# What is this in the hole?



## Startingover (Apr 18, 2012)

At Weikiva State park. I’ve seen a lot of endangered gopher tortoises there. Does this look like s tortoise face?


----------



## rogerwh (Mar 1, 2021)

Startingover said:


> At Weikiva State park. I’ve seen a lot of endangered gopher tortoises there. Does this look like s tortoise face?
> View attachment 713156


Looks like a frog or toad to me.


----------



## Texican57 (11 mo ago)

I'll go with frog.

Hole not wide enough for a turtle.

Great picture either way.


----------



## peter1122 (8 mo ago)

Startingover said:


> Does this look like s tortoise face


LOL

If it is a tortoise you should help him out, cause he is STUCK IN THERE


----------



## Startingover (Apr 18, 2012)

peter1122 said:


> LOL
> 
> If it is a tortoise you should help him out, cause he is STUCK IN THERE


I know they’re big but I thought maybe he had a big back door and that was just a window.
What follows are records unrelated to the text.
-- ===== src/WgConfig.antt =====
-- The parser of WireGuard configurations (src/wg_config.rs). Base64 is decoded by a dependency, an
-- argument of the definitions; error messages are data.
pub mod Addresses
pub mod Fields
pub mod Fitting
pub mod Comments
pub mod Samples
pub mod Secrets
mod Tests
use phobos_wg_client.Base.{
  ℕ, ◌+◌, Bool, true, false, ◌||◌, List, [], ◌∷◌, ◌++◌, Option, none, some, if◌then◌else◌, ltb, min,
  from_option, ◌==◌, length, Bytes, codes,
}
use phobos_wg_client.Base.Net.{IpAddr, v4, v6}
use phobos_wg_client.Base.Result.{Result, ok, err, ◌>>=◌, map_err, ok_or}
use phobos_wg_client.Text.{
  Text, CaseTable, is_nil, text_eq, trim, starts_with, split, split_once, to_lowercase,
  eq_ignore_ascii_case,
}
use phobos_wg_client.Text.Lines.{lines, is_header, section_name}
use phobos_wg_client.Text.Number.{parse_u8, parse_u16, parse_usize}
use phobos_wg_client.Text.Ip.{parse_ip}

pub record WireGuardConfig : Type 0 where
  pub private_key : Bytes
  pub client_ipv4 : ℕ
  pub client_ipv4_prefix : ℕ
  pub client_ipv6 : Option ℕ
  pub dns_servers : List IpAddr
  pub mtu : ℕ
  pub peer_public_key : Bytes
  pub preshared_key : Option Bytes
  pub persistent_keepalive : Option ℕ
  pub allowed_ips : List Text

pub data KeyError : Type 0 where
  base64_decode_error : Text → KeyError
  wrong_key_length : ℕ → KeyError

pub data ParseError : Type 0 where
  invalid_private_key : KeyError → ParseError
  invalid_public_key : KeyError → ParseError
  invalid_preshared_key : KeyError → ParseError
  missing_private_key : ParseError
  missing_public_key : ParseError
  missing_ipv4_address : ParseError

-- The variables of `parse`.
pub record Parser : Type 0 where
  pub private_key : Option Bytes
  pub client_ipv4 : Option ℕ
  pub client_ipv4_prefix : ℕ
  pub client_ipv6 : Option ℕ
  pub dns_servers : List IpAddr
  pub mtu : ℕ
  pub peer_public_key : Option Bytes
  pub preshared_key : Option Bytes
  pub persistent_keepalive : Option ℕ
  pub allowed_ips : List Text
  pub in_interface : Bool
  pub in_peer : Bool

abbrev pub initial : Parser
initial = record {
  private_key = none;
  client_ipv4 = none;
  client_ipv4_prefix = 32;
  client_ipv6 = none;
  dns_servers = [];
  mtu = 1280;
  peer_public_key = none;
  preshared_key = none;
  persistent_keepalive = none;
  allowed_ips = [];
  in_interface = false;
  in_peer = false;
}

-- What the dependency makes of a base64 text: the bytes, or its message.
abbrev pub Decode : Type 0
Decode = Text → Result Text Bytes

abbrev pub check_length : Bytes → Result KeyError Bytes
check_length bytes = if length bytes == 32 then ok bytes else err (wrong_key_length (length bytes))

unfoldable pub decode_key_32 : Decode → Text → Result KeyError Bytes
decode_key_32 decode val = map_err base64_decode_error (decode (trim val)) >>= check_length

-- `match ip`: an address of a kind that is set already is dropped. `prefix` is the IPv4 prefix then.
unfoldable pub set_address : Parser → IpAddr → ℕ → Parser
set_address s (v4 a) prefix = elim s.client_ipv4 [
  | none ↦ record s { client_ipv4 = some a; client_ipv4_prefix = prefix }
  | some b ↦ s
]
set_address s (v6 a) prefix = elim s.client_ipv6 [
  | none ↦ record s { client_ipv6 = some a }
  | some b ↦ s
]

abbrev pub set_parsed : Parser → Option IpAddr → ℕ → Parser
set_parsed s none prefix = s
set_parsed s (some ip) prefix = set_address s ip prefix

-- On a part and what `split_once('/')` makes of it.
abbrev pub split_part : Parser → Text → Option (Text × Text) → Parser
split_part s part none = set_parsed s (parse_ip part) s.client_ipv4_prefix
split_part s part (some (ip_str, prefix_str)) =
    set_parsed s (parse_ip ip_str) (from_option (parse_u8 prefix_str) 32)

-- The body of the loop over the parts of an `Address`.
unfoldable pub address_part : Parser → Text → Parser
address_part s part = split_part s (trim part) (split_once b'/' (trim part))

unfoldable pub address_parts : Parser → List Text → Parser
address_parts s [] = s
address_parts s (part ∷ parts) = address_parts (address_part s part) parts

abbrev push_some : List IpAddr → Option IpAddr → List IpAddr
push_some ips none = ips
push_some ips (some ip) = ips ++ ip ∷ []

unfoldable pub dns_parts : List IpAddr → List Text → List IpAddr
dns_parts ips [] = ips
dns_parts ips (part ∷ parts) = dns_parts (push_some ips (parse_ip (trim part))) parts

unfoldable pub allowed_parts : List Text → List Text → List Text
allowed_parts ips [] = ips
allowed_parts ips (part ∷ parts) = allowed_parts (ips ++ trim part ∷ []) parts

unfoldable pub set_mtu : Parser → Option ℕ → Parser
set_mtu s none = s
set_mtu s (some m) = record s { mtu = min m 1280 }

unfoldable pub set_keepalive : Parser → Option ℕ → Parser
set_keepalive s none = s
set_keepalive s (some pk) = if ltb 0 pk then record s { persistent_keepalive = some pk } else s

-- `match key.as_str()` in `[Interface]`.
unfoldable pub interface_key : Decode → Parser → Text → Text → Result ParseError Parser
interface_key decode s key val =
    if text_eq key (codes "privatekey")
    then (do
      bytes ← map_err invalid_private_key (decode_key_32 decode val)
      ok (record s { private_key = some bytes }))
    else if text_eq key (codes "address")
    then ok (address_parts s (split b',' val))
    else if text_eq key (codes "dns")
    then ok (record s { dns_servers = dns_parts s.dns_servers (split b',' val) })
    else if text_eq key (codes "mtu")
    then ok (set_mtu s (parse_usize val))
    else ok s

-- `match key.as_str()` in `[Peer]`.
unfoldable pub peer_key : Decode → Parser → Text → Text → Result ParseError Parser
peer_key decode s key val =
    if text_eq key (codes "publickey")
    then (do
      bytes ← map_err invalid_public_key (decode_key_32 decode val)
      ok (record s { peer_public_key = some bytes }))
    else if text_eq key (codes "presharedkey")
    then (do
      bytes ← map_err invalid_preshared_key (decode_key_32 decode val)
      ok (record s { preshared_key = some bytes }))
    else if text_eq key (codes "allowedips")
    then ok (record s { allowed_ips = allowed_parts s.allowed_ips (split b',' val) })
    else if text_eq key (codes "persistentkeepalive")
    then ok (set_keepalive s (parse_u16 val))
    else ok s

unfoldable pub key_line : CaseTable → Decode → Parser → Text → Text → Result ParseError Parser
key_line u decode s k v =
    let key = to_lowercase u (trim k) in
    let val = trim v in
    if s.in_interface
    then interface_key decode s key val
    else if s.in_peer
    then peer_key decode s key val
    else ok s

unfoldable pub is_comment : Text → Bool
is_comment trimmed =
    starts_with trimmed (codes "#") || starts_with trimmed (codes ";") || is_nil trimmed

unfoldable pub enter_section : Parser → Text → Parser
enter_section s sec = record s {
  in_interface = eq_ignore_ascii_case sec (codes "interface");
  in_peer = eq_ignore_ascii_case sec (codes "peer");
}

-- The body of the loop over the lines.
unfoldable pub parse_line : CaseTable → Decode → Parser → Text → Result ParseError Parser
parse_line u decode s line =
    let trimmed = trim line in
    if is_comment trimmed
    then ok s
    else if is_header trimmed
    then ok (enter_section s (section_name trimmed))
    else elim (split_once b'=' trimmed) [ none ↦ ok s | some (k, v) ↦ key_line u decode s k v ]

unfoldable pub parse_lines : CaseTable → Decode → Parser → List Text → Result ParseError Parser
parse_lines u decode s [] = ok s
parse_lines u decode s (line ∷ rest) = do
  s ← parse_line u decode s line
  parse_lines u decode s rest

-- Cloudflare and Google, where no server is given.
abbrev pub or_default_dns : List IpAddr → List IpAddr
or_default_dns [] = v4 0x01010101 ∷ v4 0x08080808 ∷ []
or_default_dns (ip ∷ ips) = ip ∷ ips

unfoldable pub finish : Parser → Result ParseError WireGuardConfig
finish s = do
  private_key ← ok_or missing_private_key s.private_key
  peer_public_key ← ok_or missing_public_key s.peer_public_key
  client_ipv4 ← ok_or missing_ipv4_address s.client_ipv4
  ok (record {
    private_key = private_key;
    client_ipv4 = client_ipv4;
    client_ipv4_prefix = s.client_ipv4_prefix;
    client_ipv6 = s.client_ipv6;
    dns_servers = or_default_dns s.dns_servers;
    mtu = s.mtu;
    peer_public_key = peer_public_key;
    preshared_key = s.preshared_key;
    persistent_keepalive = s.persistent_keepalive;
    allowed_ips = s.allowed_ips;
  })

unfoldable pub parse : CaseTable → Decode → Text → Result ParseError WireGuardConfig
parse u decode conf = do s ← parse_lines u decode initial (lines conf); finish s
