-- ===== src/Archive.antt =====
-- Phobos profiles and their packages (src/archive.rs). Files, gzip and tar are read by
-- dependencies: what they give, or their message, is data that the definitions take.
pub mod Names
pub mod Entries
pub mod Building
pub mod File
pub mod Export
mod Tests
use phobos_wg_client.Base.{
  ℕ, ◌+◌, Bool, true, false, not, ◌&&◌, ◌||◌, List, [], ◌∷◌, ◌++◌, map, Option, none, some,
  if◌then◌else◌, ltb, ◌==◌, from_option, Bytes, codes, length, drop,
}
use phobos_wg_client.Base.Result.{Result, ok, err, ◌>>=◌, ok_or, map_err}
use phobos_wg_client.Conf.{
  Params, get, parse_instance_section, split_merged_conf, rewrite_endpoint_to_loopback,
}
use phobos_wg_client.Obfuscator.{default_max_dummy}
use phobos_wg_client.Text.{
  Text, CaseTable, is_nil, text_eq, is_between, trim_by, to_lowercase, to_uppercase, ends_with,
  starts_with, strip_prefix, trim_end_matches, utf8,
}
use phobos_wg_client.Text.Number.{parse_u16, parse_usize}
use phobos_wg_client.WgConfig.{Decode, ParseError, WireGuardConfig, parse}

-- `ready_wg_conf_path` is set where the file is written, which is not modelled.
pub record PhobosProfile : Type 0 where
  pub client_name : Text
  pub target : Text
  pub key : Bytes
  pub masking : Text
  pub local_port : ℕ
  pub max_dummy : ℕ
  pub obfuscate_bytes : ℕ
  pub raw_wg_conf : Text
  pub ready_wg_conf_content : Text

abbrev pub max_conf_entry_size : ℕ
max_conf_entry_size = 1048576

abbrev pub max_tar_entries : ℕ
max_tar_entries = 256

unfoldable pub is_safe_char : ℕ → Bool
unfolding is_between
is_safe_char c =
    is_between b'0' b'9' c
    || is_between b'A' b'Z' c
    || is_between b'a' b'z' c
    || c == b'-'
    || c == b'_'
    || c == b'.'

abbrev pub safe_char : ℕ → ℕ
safe_char c = if is_safe_char c then c else b'_'

unfoldable pub is_trimmed_char : ℕ → Bool
is_trimmed_char c = c == b'.' || c == b' ' || c == b'_'

unfoldable pub sanitize_client_name : Text → Text
sanitize_client_name raw =
    let clean = trim_by is_trimmed_char (map safe_char raw) in
    if is_nil clean || text_eq clean (codes "..") then codes "phobos" else clean

pub data LoadError : Type 0 where
  file_not_found : LoadError
  open_failed : Text → LoadError
  read_failed : Text → LoadError
  unprotect_failed : Text → LoadError
  invalid_utf8 : Text → LoadError
  entries_failed : Text → LoadError
  too_many_entries : LoadError
  corrupted_entry : Text → LoadError
  invalid_tar_path : Text → LoadError
  entry_read_failed : Text → Text → LoadError
  obf_conf_not_found : LoadError
  wg_conf_not_found : LoadError
  missing_target : LoadError
  missing_key : LoadError

-- A parameter that is parsed, where it is missing or does not parse a default.
abbrev pub parsed_or : (Text → Option ℕ) → Option Text → ℕ → ℕ
parsed_or parse none d = d
parsed_or parse (some t) d = from_option (parse t) d

abbrev pub upper_or_stun : CaseTable → Option Text → Text
upper_or_stun u none = codes "STUN"
upper_or_stun u (some t) = to_uppercase u t

unfoldable pub combine_and_build : CaseTable → Text → Text → Text → Result LoadError PhobosProfile
combine_and_build u wg_conf_raw obf_conf_raw client_name =
    let obf_params = parse_instance_section u obf_conf_raw in
    let local_port = parsed_or parse_u16 (get (codes "source-lport") obf_params) 13255 in
    (do
      target ← ok_or missing_target (get (codes "target") obf_params)
      key_str ← ok_or missing_key (get (codes "key") obf_params)
      ok (record {
        client_name = sanitize_client_name client_name;
        target = target;
        key = utf8 key_str;
        masking = upper_or_stun u (get (codes "masking") obf_params);
        local_port = local_port;
        max_dummy = parsed_or parse_usize (get (codes "max-dummy") obf_params) default_max_dummy;
        obfuscate_bytes = parsed_or parse_usize (get (codes "obfuscate-bytes") obf_params) 0;
        raw_wg_conf = wg_conf_raw;
        ready_wg_conf_content = rewrite_endpoint_to_loopback u wg_conf_raw local_port;
      }))

unfoldable pub load_from_conf_string : CaseTable → Text → Text → Result LoadError PhobosProfile
load_from_conf_string u content client_name =
    let (wg_conf, obf_conf) = split_merged_conf content in
    combine_and_build u wg_conf obf_conf client_name

-- What `Path::file_name` and `Path::file_stem` give as text, if they give text.
pub record FilePath : Type 0 where
  pub file_name : Option Text
  pub file_stem : Option Text

-- An entry of the archive; `read n` reads at most `n` bytes of it to a text.
pub record Entry : Type 0 where
  pub path : Result Text FilePath
  pub read : ℕ → Result Text Text

-- The variables of the loop over the entries.
pub record Found : Type 0 where
  pub wg_conf_content : Option Text
  pub obf_conf_content : Option Text
  pub client_name : Text

unfoldable pub name_by_stem : Text → Text → Text
name_by_stem stem client_name =
    if not (is_nil stem) && not (text_eq stem (codes "wg-obfuscator")) then stem else client_name

-- The body of the loop for an entry that is not corrupted.
unfoldable pub read_entry : CaseTable → Found → Entry → Result LoadError Found
read_entry u f entry = do
  path ← map_err invalid_tar_path entry.path
  let fname = to_lowercase u (from_option path.file_name [])
  (if text_eq fname (codes "wg-obfuscator.conf")
      then (do
        s ← map_err (entry_read_failed fname) (entry.read max_conf_entry_size)
        ok (record f { obf_conf_content = some s }))
      else if ends_with fname (codes ".conf")
      then (do
        s ← map_err (entry_read_failed fname) (entry.read max_conf_entry_size)
        ok (record f {
          wg_conf_content = some s;
          client_name = name_by_stem (from_option path.file_stem []) f.client_name;
        }))
      else ok f)

-- The loop behind `entry_count` entries.
unfoldable pub read_entries :
    CaseTable → ℕ → Found → List (Result Text Entry) → Result LoadError Found
read_entries u entry_count f [] = ok f
read_entries u entry_count f (entry ∷ rest) =
    if ltb max_tar_entries (entry_count + 1) then err too_many_entries else (do
      e ← map_err corrupted_entry entry
      f ← read_entry u f e
      read_entries u (entry_count + 1) f rest)

-- The name of the package, without `.tar` and one `phobos-`.
unfoldable pub archive_name : FilePath → Text
archive_name original_path =
    let stem =
      trim_end_matches (codes ".tar") (from_option original_path.file_stem (codes "phobos")) in
    from_option (strip_prefix stem (codes "phobos-")) stem

unfoldable pub load_from_tar_gz :
    CaseTable → Result Text (List (Result Text Entry)) → FilePath → Result LoadError PhobosProfile
load_from_tar_gz u archive original_path = do
  entries ← map_err entries_failed archive
  f ←
      read_entries u 0
        (record {
          wg_conf_content = none;
          obf_conf_content = none;
          client_name = archive_name original_path;
        })
        entries
  obf_conf ← ok_or obf_conf_not_found f.obf_conf_content
  wg_conf ← ok_or wg_conf_not_found f.wg_conf_content
  combine_and_build u wg_conf obf_conf f.client_name

unfoldable pub parse_wg_config :
    CaseTable → Decode → PhobosProfile → Result ParseError WireGuardConfig
parse_wg_config u decode p = parse u decode p.raw_wg_conf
I don’t know their construction habits. 😉

Or it could’ve been a landslide and he was clawing his way out.


----------



## chandler48 (Jun 5, 2017)

Noodle him.


----------



## wrangler (Oct 9, 2008)

Startingover said:


> What is this in the hole?



I know better than to play that game! 🤣


----------



## Nik333 (Mar 1, 2015)

Gecko? Big eyes.


----------